The mother watched, but said nothing. She did not smile. The suspicious look never left her face.

And from that day to this, those children have continued to avoid me. And although the First Amendment to the United States Constitution gives me the right to photograph anyone and anything that I can see in public, I have taken no pictures of those children - even though I have seen wonderful ones, ones that I knew that parents would have treasured.

But it just wasn't worth it.

Yet, the kids and I - we did have that one moment, right after the dog almost killed the rabbit.

I decided to knock on the door, anyway - just in case they had gotten a new puppy.

They hadn't, but when they learned my mission and I showed them the picture of the puppy on my camera, they reacted in a friendly way. The husband told me that he had seen it, running with a big dog that lived on a corner three blocks away, where a tire swing hung from a tree.

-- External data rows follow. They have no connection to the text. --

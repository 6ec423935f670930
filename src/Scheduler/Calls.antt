-- ===== src/Scheduler/Calls.antt =====
-- src/scheduler.rs: a run of the coordinator as a sequence of calls, and its safety.
use hataori_rs.Prelude.{subst, sym, List, [], ◌∷◌, Result, ok, err, panic}
use hataori_rs.Prelude.Int.{ℤ}
use hataori_rs.Prelude.Action.{Action, ◌>>=◌, pure, continue}
use hataori_rs.Scheduler.State.{ItemResult, BatchId, Coordinator, SchedulerError}
use hataori_rs.Scheduler.Ops.{
  next_root_batch, on_remote_ready, on_root_success, on_remote_success, on_root_error,
  on_remote_error, on_remote_protocol_error, on_remote_drain,
}
use hataori_rs.Scheduler.Invariant.{Inv, Safe}
use hataori_rs.Scheduler.Handing.{next_root_batch-Safe}
use hataori_rs.Scheduler.Remotes.{on_remote_ready-Safe, on_remote_drain-Safe}
use hataori_rs.Scheduler.Answers.{
  on_root_success-Safe, on_remote_success-Safe, on_root_error-Safe, on_remote_error-Safe,
  on_remote_protocol_error-Safe,
}

-- The calls that change a coordinator; its owner makes them one at a time.
pub data Call (U : Type 0) : Type 0 where
  root_batch : Call U
  remote_ready : ℤ → Call U
  root_success : BatchId → List (ItemResult U) → Call U
  remote_success : ℤ → BatchId → List (ItemResult U) → Call U
  root_error : BatchId → Call U
  remote_error : ℤ → BatchId → Call U
  remote_protocol_error : ℤ → Call U
  remote_drain : ℤ → Call U

module _ {T U : Type 0} where
  abbrev done :
      {A : Type 0}
      → Action (Coordinator T U) SchedulerError A
      → Action (Coordinator T U) SchedulerError (Unit {0})
  done m = m >>= λ _. pure tt

  -- A call, its answer set aside.
  unfoldable pub perform : Call U → Action (Coordinator T U) SchedulerError (Unit {0})
  perform root_batch = done next_root_batch
  perform (remote_ready rank) = done (on_remote_ready rank)
  perform (root_success id results) = done (on_root_success id results)
  perform (remote_success rank id results) = done (on_remote_success rank id results)
  perform (root_error id) = done (on_root_error id)
  perform (remote_error rank id) = done (on_remote_error rank id)
  perform (remote_protocol_error rank) = done (on_remote_protocol_error rank)
  perform (remote_drain rank) = done (on_remote_drain rank)

  -- The coordinator after a sequence of calls.
  unfoldable pub run : List (Call U) → Coordinator T U → Coordinator T U
  run [] c = c
  run (call ∷ calls) c = run calls (perform call c).1

  done-Safe :
      {A : Type 0} (c : Coordinator T U) (r : Result SchedulerError A) (s : Coordinator T U)
      → Safe c (λ _ t. Inv t) (r, s)
      → Safe c (λ _ t. Inv t) (continue (λ _. pure tt) r s)
  done-Safe c (ok a) s h = h
  done-Safe c (err e) s h = h
  done-Safe c panic s h = h

  -- Whatever call is made on a well-formed coordinator, with whatever rank, batch id and results:
  -- it does not panic, an error leaves the coordinator as it was, and a success leaves it
  -- well-formed.
  pub perform-Safe :
      (c : Coordinator T U) (call : Call U) → Inv c → Safe c (λ _ s. Inv s) (perform call c)
  unfolding perform
  perform-Safe c root_batch v = done-Safe c _ _ (next_root_batch-Safe c v)
  perform-Safe c (remote_ready rank) v = done-Safe c _ _ (on_remote_ready-Safe c rank v)
  perform-Safe c (root_success id results) v = done-Safe c _ _ (on_root_success-Safe c v id results)
  perform-Safe c (remote_success rank id results) v =
      done-Safe c _ _ (on_remote_success-Safe c v rank id results)
  perform-Safe c (root_error id) v = done-Safe c _ _ (on_root_error-Safe c v id)
  perform-Safe c (remote_error rank id) v = done-Safe c _ _ (on_remote_error-Safe c v rank id)
  perform-Safe c (remote_protocol_error rank) v =
      done-Safe c _ _ (on_remote_protocol_error-Safe c v rank)
  perform-Safe c (remote_drain rank) v = done-Safe c _ _ (on_remote_drain-Safe c rank v)

  Safe-Inv :
      {A : Type 0} (c : Coordinator T U) (r : Result SchedulerError A) (s : Coordinator T U)
      → Inv c
      → Safe c (λ _ t. Inv t) (r, s)
      → Inv s
  Safe-Inv c (ok a) s v h = h
  Safe-Inv c (err e) s v h = subst Inv (sym h) v
  Safe-Inv c panic s v h = absurd h

  -- No sequence of calls breaks the invariant.
  pub run-Inv : (c : Coordinator T U) (calls : List (Call U)) → Inv c → Inv (run calls c)
  unfolding run
  run-Inv c [] v = v
  run-Inv c (call ∷ calls) v =
      run-Inv (perform call c).1 calls (Safe-Inv c (perform call c).0 _ v (perform-Safe c call v))
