-- ===== src/Scheduler/Values.antt =====
-- src/scheduler.rs: whose results the coordinator holds, if every worker computes `f`.
use hataori_rs.Prelude.{
  ℕ, zero, suc, ◌≡◌, Option, some, List, [], ◌∷◌, arith, ok, length, get_elem?, set, All, All-drop,
  subst, min, inl, inr, Result-cases,
}
use hataori_rs.Prelude.Int.{ℤ, int_key}
use hataori_rs.Prelude.Assoc.{AtValue, lookup, insert}
use hataori_rs.Scheduler.State.{ScheduledItem, ItemResult, LaneState, Coordinator, BatchId}
use hataori_rs.Scheduler.Batches.{fill}
use hataori_rs.Scheduler.Lanes.{prefetch_request, mark_stopping, add_prefetched, advanced}
use hataori_rs.Scheduler.Ops.{
  on_remote_ready, next_root_batch, store, on_root_success, on_remote_success, on_root_error,
  on_remote_error, on_remote_protocol_error, on_remote_drain,
}
use hataori_rs.Scheduler.Calls.{
  Call, root_batch, remote_ready, root_success, remote_success, root_error, remote_error,
  remote_protocol_error, remote_drain,
}

module _ {T U : Type 0} (f : T → U) where
  -- A slot holds nothing, or what `f` gives for the item of its position.
  abbrev pub Slots : List T → List (Option U) → Type 0
  Slots [] [] = Unit
  Slots [] (o ∷ ordered) = ⊥
  Slots (x ∷ items) [] = ⊥
  Slots (x ∷ items) (o ∷ ordered) = AtValue (λ u. u ≡ f x) o × Slots items ordered

module _ {T U : Type 0} (f : T → U) (items : List T) where
  -- A queued item is the input of its index.
  abbrev pub Original : ScheduledItem T → Type 0
  Original item = get_elem? items item.original_index ≡ some item.value

  -- A result is what `f` gives for the input of its index.
  abbrev pub Honest : ItemResult U → Type 0
  Honest result = (x : T) × (get_elem? items result.original_index ≡ some x) × (result.value ≡ f x)

  abbrev pub HonestCall : Call U → Type 0
  HonestCall (root_success id results) = All Honest results
  HonestCall (remote_success rank id results) = All Honest results
  HonestCall root_batch = Unit
  HonestCall (remote_ready rank) = Unit
  HonestCall (root_error id) = Unit
  HonestCall (remote_error rank id) = Unit
  HonestCall (remote_protocol_error rank) = Unit
  HonestCall (remote_drain rank) = Unit

  pub record Faithful (c : Coordinator T U) : Type 0 where
    pub queue : All Original c.pending
    pub slots : Slots f items c.ordered

module _ {T U : Type 0} (f : T → U) where
  set-Slots :
      (items : List T) (ordered : List (Option U)) (i : ℕ) (x : T) (u : U)
      → get_elem? items i ≡ some x
      → u ≡ f x
      → Slots f items ordered
      → Slots f items (set ordered i (some u))
  set-Slots [] [] i x u e q h = tt
  set-Slots [] (o ∷ ordered) i x u e q h = absurd h
  set-Slots (y ∷ items) [] i x u e q h = absurd h
  set-Slots (y ∷ items) (o ∷ ordered) zero x u e q h = (cc, h.1)
  set-Slots (y ∷ items) (o ∷ ordered) (suc i) x u e q h =
      (h.0, set-Slots items ordered i x u e q h.1)

module _ {T U : Type 0} (f : T → U) (items : List T) where
  fill-Slots :
      (results : List (ItemResult U)) (ordered ordered' : List (Option U))
      → All (Honest f items) results
      → Slots f items ordered
      → fill results ordered ≡ ok ordered'
      → Slots f items ordered'
  unfolding fill
  fill-Slots [] ordered ordered' h s e = subst (Slots f items) (ground arith) s
  fill-Slots (r ∷ results) ordered ordered' ((x, at, val), h) s e =
      fill-Slots results (set ordered r.original_index (some r.value)) ordered' h
        (set-Slots f items ordered r.original_index x r.value at val s) (ground arith)

  module _ (c : Coordinator T U) (v : Faithful f items c) where
    pub on_remote_ready-Faithful : (rank : ℤ) → Faithful f items (on_remote_ready rank c).1
    unfolding on_remote_ready prefetch_request mark_stopping add_prefetched
    on_remote_ready-Faithful rank =
        ground (
          arith,
          All-drop (Original f items) (min c.batch_size (length c.pending)) c.pending v.queue,
        )

    pub next_root_batch-Faithful : Faithful f items (next_root_batch c).1
    unfolding next_root_batch
    next_root_batch-Faithful =
        ground (
          arith,
          All-drop (Original f items) (min c.batch_size (length c.pending)) c.pending v.queue,
        )

    store-Faithful :
        (results : List (ItemResult U))
        → All (Honest f items) results
        → Faithful f items (store results c).1
    unfolding store
    store-Faithful results h = elim (Result-cases (fill results c.ordered)) [
      | inl (ordered, e) ↦
          let kept = fill-Slots results c.ordered ordered h v.slots e in ground (arith, kept)
      | inr (inl (x, e)) ↦ ground arith
      | inr (inr e) ↦ ground arith
    ]

    pub on_remote_drain-Faithful : (rank : ℤ) → Faithful f items (on_remote_drain rank c).1
    unfolding on_remote_drain
    on_remote_drain-Faithful rank = ground arith

    pub on_root_error-Faithful : (id : BatchId) → Faithful f items (on_root_error id c).1
    unfolding on_root_error
    on_root_error-Faithful id = ground arith

    pub on_remote_error-Faithful :
        (rank : ℤ) (id : BatchId) → Faithful f items (on_remote_error rank id c).1
    unfolding on_remote_error
    on_remote_error-Faithful rank id = ground arith

    pub on_remote_protocol_error-Faithful :
        (rank : ℤ) → Faithful f items (on_remote_protocol_error rank c).1
    unfolding on_remote_protocol_error
    on_remote_protocol_error-Faithful rank = ground arith

  module _ (c : Coordinator T U) (v : Faithful f items c) (results : List (ItemResult U))
      (h : All (Honest f items) results) where
    with_root : (state : LaneState) → Faithful f items (record c { root = state })
    with_root state = record { queue = v.queue; slots = v.slots }

    with_remotes :
        (remotes : List (ℤ × LaneState)) → Faithful f items (record c { remotes = remotes })
    with_remotes remotes = record { queue = v.queue; slots = v.slots }

    pub on_root_success-Faithful :
        (id : BatchId) → Faithful f items (on_root_success id results c).1
    unfolding on_root_success
    on_root_success-Faithful id =
        ground (arith, store-Faithful _ (with_root LaneState.idle) results h)

    pub on_remote_success-Faithful :
        (rank : ℤ) (id : BatchId) → Faithful f items (on_remote_success rank id results c).1
    unfolding on_remote_success
    on_remote_success-Faithful rank id = elim (Result-cases (advanced (lookup rank c.remotes))) [
      | inl (new, e) ↦
          ground (arith, store-Faithful _ (with_remotes (insert rank new c.remotes)) results h)
      | inr (inl (x, e)) ↦ ground arith
      | inr (inr e) ↦ ground arith
    ]
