-- ===== src/Scheduler/Dispatching.antt =====
-- src/scheduler.rs: which batches are handed out.
use hataori_rs.Prelude.{
  ◌+◌, ◌≤◌, ◌<◌, ◌≡◌, refl, sym, false, ◌||◌, some, List, [], ◌++◌, arith, ok, length, is_empty,
  length-take, take-append-drop, drop, All, All-front, subst,
}
use hataori_rs.Prelude.Int.{ℤ, int_key}
use hataori_rs.Scheduler.State.{Coordinator, Batch, task, stop}
use hataori_rs.Scheduler.Lanes.{prefetch_request, mark_stopping, add_prefetched}
use hataori_rs.Scheduler.Ops.{on_remote_ready, next_root_batch}
use hataori_rs.Scheduler.Invariant.{Inv}
use hataori_rs.Scheduler.Handing.{next_batch, cut_count}
use hataori_rs.Scheduler.Values.{Original, Faithful}

module _ {T U : Type 0} where
  -- A batch cut from the front of the queue.
  pub record Cut (c s : Coordinator T U) (batch : Batch T) : Type 0 where
    pub front : c.pending ≡ batch.items ++ s.pending
    pub nonempty : 0 < length batch.items
    pub bounded : length batch.items ≤ c.batch_size
    pub named : batch.id ≡ c.next_batch_id
    pub counted : s.next_batch_id ≡ c.next_batch_id + 1
    pub running : c.failed ≡ false

  next_batch-Cut :
      (c s : Coordinator T U)
      → Inv c
      → (c.failed || is_empty c.pending) ≡ false
      → s.pending ≡ drop (cut_count c) c.pending
      → s.next_batch_id ≡ c.next_batch_id + 1
      → Cut c s (next_batch c)
  next_batch-Cut c s v more e n = record {
    front = ground (arith, take-append-drop (cut_count c) c.pending);
    nonempty = ground (arith, v.nonzero, length-take (cut_count c) c.pending);
    bounded = omega (arith, length-take (cut_count c) c.pending);
    named = refl;
    counted = n;
    running = ground arith;
  }

  module _ (c s : Coordinator T U) (v : Inv c) where
    root_task :
        (batch : Batch T)
        → next_root_batch c ≡ (ok (some batch), s)
        → ((c.failed || is_empty c.pending) ≡ false)
          × (batch ≡ next_batch c)
          × (s.pending ≡ drop (cut_count c) c.pending)
          × (s.next_batch_id ≡ c.next_batch_id + 1)
    unfolding next_root_batch
    root_task batch e = ground arith

    remote_task :
        (rank : ℤ) (batch : Batch T)
        → on_remote_ready rank c ≡ (ok (task batch), s)
        → ((c.failed || is_empty c.pending) ≡ false)
          × (batch ≡ next_batch c)
          × (s.pending ≡ drop (cut_count c) c.pending)
          × (s.next_batch_id ≡ c.next_batch_id + 1)
    unfolding on_remote_ready prefetch_request mark_stopping add_prefetched
    remote_task rank batch e = ground arith

    -- The batch that the root is given is cut from the front of the queue: at least one item and at
    -- most `batch_size`, under the next id, and only while no lane has failed.
    pub next_root_batch-Cut :
        (batch : Batch T) → next_root_batch c ≡ (ok (some batch), s) → Cut c s batch
    next_root_batch-Cut batch e =
        let (more, same, rest, n) = root_task batch e in
        subst (Cut c s) (sym same) (next_batch-Cut c s v more rest n)

    -- So is the batch that a remote lane is given.
    pub on_remote_ready-Cut :
        (rank : ℤ) (batch : Batch T) → on_remote_ready rank c ≡ (ok (task batch), s) → Cut c s batch
    on_remote_ready-Cut rank batch e =
        let (more, same, rest, n) = remote_task rank batch e in
        subst (Cut c s) (sym same) (next_batch-Cut c s v more rest n)

    -- A lane is told to stop only when the queue is empty.
    pub on_remote_ready-stop :
        (rank : ℤ) → on_remote_ready rank c ≡ (ok stop, s) → (c.pending ≡ []) × (s.pending ≡ [])
    unfolding on_remote_ready prefetch_request mark_stopping add_prefetched
    on_remote_ready-stop rank e = ground (arith, v.cleared)

    -- The items of a batch are the inputs of their indices.
    pub Cut-Original :
        (f : T → U) (items : List T) (batch : Batch T)
        → Faithful f items c
        → Cut c s batch
        → All (Original f items) batch.items
    Cut-Original f items batch w k =
        All-front (Original f items) batch.items s.pending
          (subst (All (Original f items)) k.front w.queue)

So I walked back to the house, got the puppy, Melanie joined us and I drove to that house.

And that's where I took this picture, right after I reunited the puppy, Kuna, with this man, who had been very worried about it. "You little turd!" he said, affectionately, as he tousled Kuna's fur.

If you look closely at Royce's chin, you will see that there is a bit of drool smeared into it. Even so, he has been a little better today than he was last night. Melanie, who had not seen him for two weeks, was pleased with what she saw. "He's definitely gained some weight, Dad," she said.

So maybe the situation is not as grim as it seemed last night. Still, he is light and frail, but Melanie is certain that he is doing better than when she last saw him, before I started giving him his medication, before I began to feed soft food to him.

The two buddies, Kalib and Royce.

Kalib, Royce, and Melanie.

Lisa and Royce. See the drop of drool on his chin?

Still, this was a good moment for him. You could call it "a good quality of life" moment.